In many ways, it is easier to archive mass sequencing data such as RNAseq, as that data is already digitized so you just have to keep the raw sequence files and an accurate record of anything you did to analyze it. There is no physical "stuff" to keep track of, such as dried gels or Westerns. Any script that needs to be written can be reported as supplementary information. I am not a computer geek, so I do use some GUI-driven analysis, but current versions of some analysis packages such as Geneious do a good job of recording every step of the analysis so it is always possible to retrace your steps precisely.

Personally, I consider it most important to report the methods in enough detail that anyone (with the appropriate equipment) can repeat exactly what I did. Also I keep glycerol stocks of anything I clone/express, and provide those to anyone who asks, so they can re-sequence them or use them to express and bioassay recombinant protein and so verify my results.

Don



Thank you for the detailed explanation.

I'm used to working with data that are already in digital form. I forget that for some research, the raw data aren't digital. I've never had to develop a workflow for non-digital data. Clearly it would be more difficult than what I'm used to.

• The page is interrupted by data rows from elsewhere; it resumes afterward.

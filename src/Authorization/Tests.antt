-- ===== src/Authorization/Tests.antt =====
-- An authorization and a consent at a concrete server, and the theorems at these runs.
use authserver.Common.{
  String, true, false, List, [], ◌∷◌, Option, none, some, ◌≡◌, refl, if◌then◌else◌, ◌==◌, ◌≢◌, inr,
  arith, eq_iff,
}
use authserver.Domain.Errors.{invalid_grant, invalid_scope}
use authserver.Domain.Entities.{Session}
use authserver.Domain.Resources.{Resource, mint}
use authserver.Domain.Redirects.{RedirectUrl}
use authserver.Store.Sessions
use authserver.Store.Monad.{World, ok, err, final}
use authserver.Token.Env.{Env}
use authserver.Token.Examples.{env, world, session, verifier}
use authserver.Token.Revoked.{succeeds}
use authserver.Authorization.Start.{
  AuthorizeService, AuthorizeRequest, AuthorizeResult, start_authorization, complete_authorization,
}
use authserver.Authorization.Consent.{
  GrantConsentRequest, GrantConsentResult, grant_consent, deny_consent, resolve_mint,
}
use authserver.Authorization.Granting.{Granted, Consented, grant_consent-Granted}
use authserver.Authorization.Refused.{grant_consent-atomic, deny_consent-final, stranger-refused}
use authserver.Authorization.Started.{Started, start_authorization-Started}

abbrev api : Resource
api = record {
  id = "1";
  slug = "api";
  display_name = "API";
  uri = "https://api";
  backend_kind = mint;
  broker_provider_id = "";
  scopes =
      record { name = "read"; description = ""; upstream = "" }
      ∷ record { name = "write"; description = ""; upstream = "" }
      ∷ [];
  policy = record {
    exchange = record { allowed_client_ids = [] };
    runtime = record { client_ids = [] };
    connect = record { allowed_return_urls = [] };
  };
  created_at = 0;
  updated_at = 0;
}

abbrev pending : World
pending = record world { sessions = record session { code_hash = none } ∷ []; resources = api ∷ [] }

abbrev approval : GrantConsentRequest
approval = record { session_id = "session"; user_id = "user"; approved_scopes = "read" ∷ [] }

abbrev granted : GrantConsentResult
granted = record { redirect_uri = "https://app/cb"; code = "r"; state = "" }

abbrev after : World
after = final (grant_consent env approval pending)

grants : grant_consent env approval pending ≡ ok granted after
unfolding grant_consent authserver.Authorization.Consent.check_consent
    authserver.Store.Sessions.get_by_id authserver.Domain.Entities.session_is_expired
    authserver.Scope.new authserver.Common.add_key authserver.Common.contains
    authserver.Scope.is_subset authserver.Scope.parse authserver.Scope.fields
    authserver.Authorization.Registry.resolve authserver.Store.Resources.resolve
    authserver.Domain.Resources.is_mint authserver.Token.Exchange.in_transaction
    authserver.Store.Consents.upsert authserver.Store.Sessions.update_code_hash_and_scope
    authserver.Token.Env.audited
grants = refl

-- Approving nothing is refused.
abbrev nothing : GrantConsentRequest
nothing = record { session_id = "session"; user_id = "user"; approved_scopes = [] }

refuses : grant_consent env nothing pending ≡ err invalid_scope pending
unfolding grant_consent authserver.Authorization.Consent.check_consent
    authserver.Store.Sessions.get_by_id authserver.Domain.Entities.session_is_expired
    authserver.Scope.new
refuses = refl

abbrev service : AuthorizeService
service = record {
  env = env;
  parse_redirect = λ s. none;
  by_cimd_url = λ s. none;
  verify_cimd = none;
  require_scope = false;
}

-- No scope is asked for: the client's scopes that the resource has are proposed.
abbrev request : AuthorizeRequest
request = record {
  client_id = "app";
  redirect_uri = "https://app/cb";
  response_type = "code";
  scope = "";
  state = "";
  resource = "api";
  code_challenge = verifier;
  code_challenge_method = "S256";
  user_id = "user";
}

abbrev started : World
started = final (start_authorization service request pending)

abbrev result : AuthorizeResult
result = record {
  session = record session {
    id = "r";
    scope = "read write";
    code_hash = none;
    expires_at = 1600000000000;
    created_at = 1000000000000;
  };
  login_required = false;
  consent_required = true;
}

starts : start_authorization service request pending ≡ ok result started
unfolding start_authorization authserver.Authorization.Start.open_session
    authserver.Store.Sessions.create authserver.Store.Resources.create
    authserver.Domain.Resources.normalize_slug authserver.Authorization.Start.check_request
    authserver.Authorization.Start.has_consent authserver.Scope.fields
    authserver.Domain.Consents.covers_scopes authserver.Common.contains
    authserver.Domain.Consents.grant_is_revoked authserver.Store.Consents.get
    authserver.Authorization.Start.check_catalog authserver.Authorization.Start.validate_scopes
    authserver.Authorization.Registry.resource_to_info authserver.Authorization.Start.allowed_scopes
    authserver.Store.Resources.list authserver.Authorization.Registry.list
    authserver.Store.Sorting.order_by authserver.Scope.parse authserver.Common.add_key
    authserver.Authorization.Start.check_ceiling
    authserver.Authorization.Start.should_log_no_ceiling authserver.Scope.is_subset
    authserver.Authorization.Start.proposed_scope authserver.Scope.intersect
    authserver.Scope.to_string authserver.Common.sort_strings authserver.Scope.join
    authserver.Authorization.Start.collect_default_scopes
    authserver.Authorization.Start.default_scopes authserver.Domain.Resources.is_mint
    authserver.Store.Resources.resolve authserver.Authorization.Registry.resolve
    authserver.Pkce.is_valid_challenge_method authserver.Domain.Redirects.has_redirect_uri
    authserver.Domain.Redirects.same_but_port authserver.Domain.Redirects.is_loopback
    authserver.Domain.Clients.is_active authserver.Authorization.Start.lookup_client
starts = refl

grant_consent-Granted_example :
    (s : Session) × (target : Option Resource) × Consented env approval pending s
    × (resolve_mint env s.resource pending ≡ ok target pending)
    × Granted env approval s target "r" after
grant_consent-Granted_example = grant_consent-Granted env approval pending after granted grants

grant_consent-atomic_example : pending ≡ record pending { drawn = 0 }
grant_consent-atomic_example =
    grant_consent-atomic env nothing refl pending pending invalid_scope refuses

reads :
    Sessions.get_by_id env.outside "session" pending
    ≡ ok (record session { code_hash = none }) pending
unfolding authserver.Store.Sessions.get_by_id
reads = refl

deny_consent-final_example :
    (succeeds (grant_consent env approval (final (deny_consent env "session" "user" pending)))
      ≡ false)
    × (succeeds (
          complete_authorization service "session"
            (final (deny_consent env "session" "user" pending)))
        ≡ false)
deny_consent-final_example =
    deny_consent-final service "session" "user" pending (record session { code_hash = none })
      approval reads refl refl refl

abbrev theft : GrantConsentRequest
theft = record { session_id = "session"; user_id = "mallory"; approved_scopes = "read" ∷ [] }

abbrev owner : String
owner = "user"

named : owner ≢ ""
named h = ground (arith, (eq_iff owner "").1 h)

other : owner ≢ "mallory"
other h = ground (arith, (eq_iff owner "mallory").1 h)

stranger-refused_example :
    (deny_consent env "session" "mallory" pending ≡ err invalid_grant pending)
    × (succeeds (grant_consent env theft pending) ≡ false)
    × (final (grant_consent env theft pending) ≡ pending)
stranger-refused_example =
    stranger-refused env "session" "mallory" pending (record session { code_hash = none }) theft
      refl refl (inr (named, other)) refl refl

start_authorization-Started_example : Started service request result pending started
start_authorization-Started_example =
    start_authorization-Started service request pending started result starts
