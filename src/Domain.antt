-- ===== src/Domain.antt =====
-- internal/domain: the entities of the server and the errors that its services return.
pub mod Errors
pub mod Clients
pub mod Resources
pub mod FrontingLinks
pub mod Entities
pub mod Consents
pub mod Users
pub mod Redirects
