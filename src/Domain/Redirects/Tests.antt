-- ===== src/Domain/Redirects/Tests.antt =====
-- A client on a loopback address with a port of its own.
use authserver.Common.{
  String, Option, none, some, List, [], ◌∷◌, ◌==◌, ◌≡◌, ◌↔◌, ◌⊎◌, refl, In, true, if◌then◌else◌,
}
use authserver.Domain.Redirects.{
  RedirectUrl, is_loopback, has_redirect_uri, validate_redirect_uri, Loopback, Permitted,
  has_redirect_uri-Loopback, validate_redirect_uri_iff,
}

abbrev local : RedirectUrl
local = record {
  scheme = "http";
  host = "127.0.0.1:8080";
  hostname = "127.0.0.1";
  path = "/cb";
  raw_query = "";
  fragment = "";
}

abbrev read_url : String → Option RedirectUrl
read_url s = if s == "" then none else some local

abbrev registered : List String
registered = "http://127.0.0.1/cb" ∷ []

is_accepted : has_redirect_uri read_url registered "http://127.0.0.1:8080/cb" ≡ true
unfolding has_redirect_uri is_loopback authserver.Domain.Redirects.same_but_port
is_accepted = refl

has_redirect_uri-Loopback_example :
    (has_redirect_uri read_url registered "http://127.0.0.1:8080/cb" ≡ true) ↔ (
      In "http://127.0.0.1:8080/cb" registered
      ⊎ Loopback read_url registered "http://127.0.0.1:8080/cb")
has_redirect_uri-Loopback_example =
    has_redirect_uri-Loopback read_url registered "http://127.0.0.1:8080/cb"

validate_redirect_uri_iff_example :
    (validate_redirect_uri read_url "http://127.0.0.1:8080/cb" ≡ none)
    ↔ ((u : RedirectUrl) × (read_url "http://127.0.0.1:8080/cb" ≡ some u) × Permitted read_url u)
validate_redirect_uri_iff_example = validate_redirect_uri_iff read_url "http://127.0.0.1:8080/cb"
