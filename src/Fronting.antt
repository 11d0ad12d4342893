-- ===== src/Fronting.antt =====
-- internal/services/fronting.go: which resource may mint tokens for which other one.
pub mod Cycle
pub mod Rules
pub mod Service
pub mod Walks
pub mod Search
pub mod Exact
pub mod Checked
pub mod Sound
pub mod Kept
mod Tests
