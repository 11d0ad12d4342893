-- ===== src/Fronting/Cycle.antt =====
-- `assertNoCycle` of internal/services/fronting.go: a depth-first search from the target of a new
-- link for its source. The top of the stack is the head of its list. The loop has fuel, with an
-- outcome of its own for its end.
use authserver.Common.{
  String, ℕ, zero, suc, List, [], ◌∷◌, Option, none, some, if◌then◌else◌, ◌==◌, contains, length,
}
use authserver.Domain.Errors.{Error, fronting_link_cycle, internal}
use authserver.Domain.FrontingLinks.{FrontingLink}
use authserver.Store.Links.{FrontingLinkFilter}
use authserver.Store.Links
use authserver.Store.Monad.{World, Outside, M, ok, err}

pub record Search : Type 0 where
  pub visited : List String
  pub stack : List String

abbrev pub visit : Search → String → Search
visit s t =
    if contains s.visited t then s else record { visited = t ∷ s.visited; stack = t ∷ s.stack }

-- The loop over the edges out of one node: `none` where an edge leads to the source.
unfoldable pub scan : String → List FrontingLink → Search → Option Search
scan source [] s = some s
scan source (e ∷ out) s =
    if e.target_slug == source then none else scan source out (visit s e.target_slug)

pub data Verdict : Type 0 where
  no_cycle closes_cycle out_of_fuel : Verdict
  failed : Error → Verdict

abbrev pub from_source : String → FrontingLinkFilter
from_source node = record { source = node; target = ""; limit = 0; offset = 0 }

module _ (o : Outside) (source : String) (w : World) where
  unfoldable pub walk : ℕ → List String → List String → Verdict
  walk fuel [] visited = no_cycle
  walk zero (node ∷ stack) visited = out_of_fuel
  walk (suc fuel) (node ∷ stack) visited = elim (Links.list o (from_source node) w) [
    | err e u ↦ failed e
    | ok out u ↦ elim (scan source out (record { visited = visited; stack = stack })) [
      | none ↦ closes_cycle
      | some s ↦ walk fuel s.stack s.visited
    ]
  ]

  -- Each round visits a target of some link, or the first node.
  unfoldable pub search : String → Verdict
  unfolding walk scan Links.list
  search target = walk (suc (length w.links)) (target ∷ []) (target ∷ [])

abbrev pub conclude : Verdict → M (Unit {0})
conclude no_cycle w = ok tt w
conclude closes_cycle w = err fronting_link_cycle w
conclude out_of_fuel w = err internal w
conclude (failed e) w = err e w

unfoldable pub assert_no_cycle : Outside → String → String → M (Unit {0})
assert_no_cycle o source target w = conclude (search o source w target) w
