-- ===== src/Fronting/Rules.antt =====
-- The checks of internal/services/fronting.go on a link before it is written, and on a resource
-- before it is changed.
use authserver.Common.{
  String, Bool, true, false, List, Option, none, some, if◌then◌else◌, ◌==◌, ◌&&◌, ◌||◌, not,
  contains, is_empty, all, any,
}
use authserver.Domain.Errors.{
  Error, invalid_request, resource_not_found, fronting_link_not_found, fronting_link_exists,
}
use authserver.Domain.Resources.{
  BackendKind, mint, broker, other_kind, Resource, is_mint, is_broker, same_kind, scope_name_set,
  and_then,
}
use authserver.Domain.FrontingLinks.{Mapping, ScopeMap, FrontingLink, validate_link}
use authserver.Store.Links
use authserver.Store.Resources
use authserver.Store.Monad.{Outside, M, Run, ok, err, ◌>>=◌, ◌>>◌, raise, refuse_if}
use authserver.Fronting.Cycle.{assert_no_cycle}

-- A resource that a link names must be there.
abbrev named_resource : Run Resource → Run Resource
named_resource (ok r w) = ok r w
named_resource (err resource_not_found w) = err invalid_request w
named_resource (err e w) = err e w

unfoldable pub lookup_resource : Outside → String → M Resource
lookup_resource o slug w = named_resource (Resources.get_by_slug o slug w)

abbrev pub mapping_fits : List String → List String → Mapping → Bool
mapping_fits src tgt m = contains src m.source && all (contains tgt) m.targets

unfoldable pub assert_scope_map_membership : ScopeMap → Resource → Resource → Option Error
assert_scope_map_membership m source target =
    if all (mapping_fits (scope_name_set source.scopes) (scope_name_set target.scopes)) m
    then none
    else some invalid_request

abbrev pub can_be_target : BackendKind → Bool
can_be_target mint = true
can_be_target broker = true
can_be_target (other_kind k) = false

-- The checks of `validateForPatch` on the two resources.
unfoldable pub check_ends : ScopeMap → Resource → Resource → Option Error
unfolding assert_scope_map_membership
check_ends m source target =
    if not (is_mint source)
    then some invalid_request
    else if not (can_be_target target.backend_kind)
    then some invalid_request
    else and_then (assert_scope_map_membership m source target)
        (if is_broker target && target.broker_provider_id == "" then some invalid_request else none)

unfoldable pub check_link : Outside → FrontingLink → M (Unit {0})
unfolding lookup_resource check_ends
check_link o l = do
  refuse_if (validate_link l)
  source ← lookup_resource o l.source_slug
  target ← lookup_resource o l.target_slug
  refuse_if (check_ends l.scope_map source target)

unfoldable pub validate_for_patch : Outside → Option FrontingLink → M (Unit {0})
unfolding check_link
validate_for_patch o none = raise invalid_request
validate_for_patch o (some l) = check_link o l

abbrev must_be_new : Run FrontingLink → Run (Unit {0})
must_be_new (ok l w) = err fronting_link_exists w
must_be_new (err fronting_link_not_found w) = ok tt w
must_be_new (err e w) = err e w

unfoldable pub assert_unique : Outside → FrontingLink → M (Unit {0})
assert_unique o l w = must_be_new (Links.get o l.source_slug l.target_slug w)

unfoldable pub validate : Outside → Option FrontingLink → M (Unit {0})
unfolding check_link assert_unique
validate o none = raise invalid_request
validate o (some l) = do
  check_link o l
  assert_unique o l
  assert_no_cycle o l.source_slug l.target_slug

-- A scope that the resource had and has no more.
abbrev pub lost : List String → List String → String → Bool
lost had has scope = contains had scope && not (contains has scope)

abbrev pub blocks : String → List String → List String → FrontingLink → Bool
blocks slug had has l =
    (l.source_slug == slug && any (λ m. lost had has m.source) l.scope_map)
    || (l.target_slug == slug && any (λ m. any (lost had has) m.targets) l.scope_map)

abbrev pub update_error : Resource → Resource → List FrontingLink → Option Error
update_error prev next links =
    if is_empty links
    then none
    else if not (same_kind prev.backend_kind next.backend_kind)
    then some invalid_request
    else if any (blocks prev.slug (scope_name_set prev.scopes) (scope_name_set next.scopes)) links
    then some invalid_request
    else none

unfoldable pub validate_resource_update : Outside → Resource → Resource → M (Unit {0})
validate_resource_update o prev next = do
  links ← Links.list_for_resource o prev.slug
  refuse_if (update_error prev next links)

My tool of choice for data analysis is R, so reproducibility is very easy, assuming I have digital raw data. Since I strive to write neat, well commented code, it's usually just a matter of setting seeds (for random processes), saving the code (and data), perhaps integrating it into a Markdown document as appropriate.

A GUI-driven analysis tool that records steps sounds very useful. What is quite nightmarish is when someone cleans their data in Excel (or any other typical spreadsheet app) and takes no steps to document the process!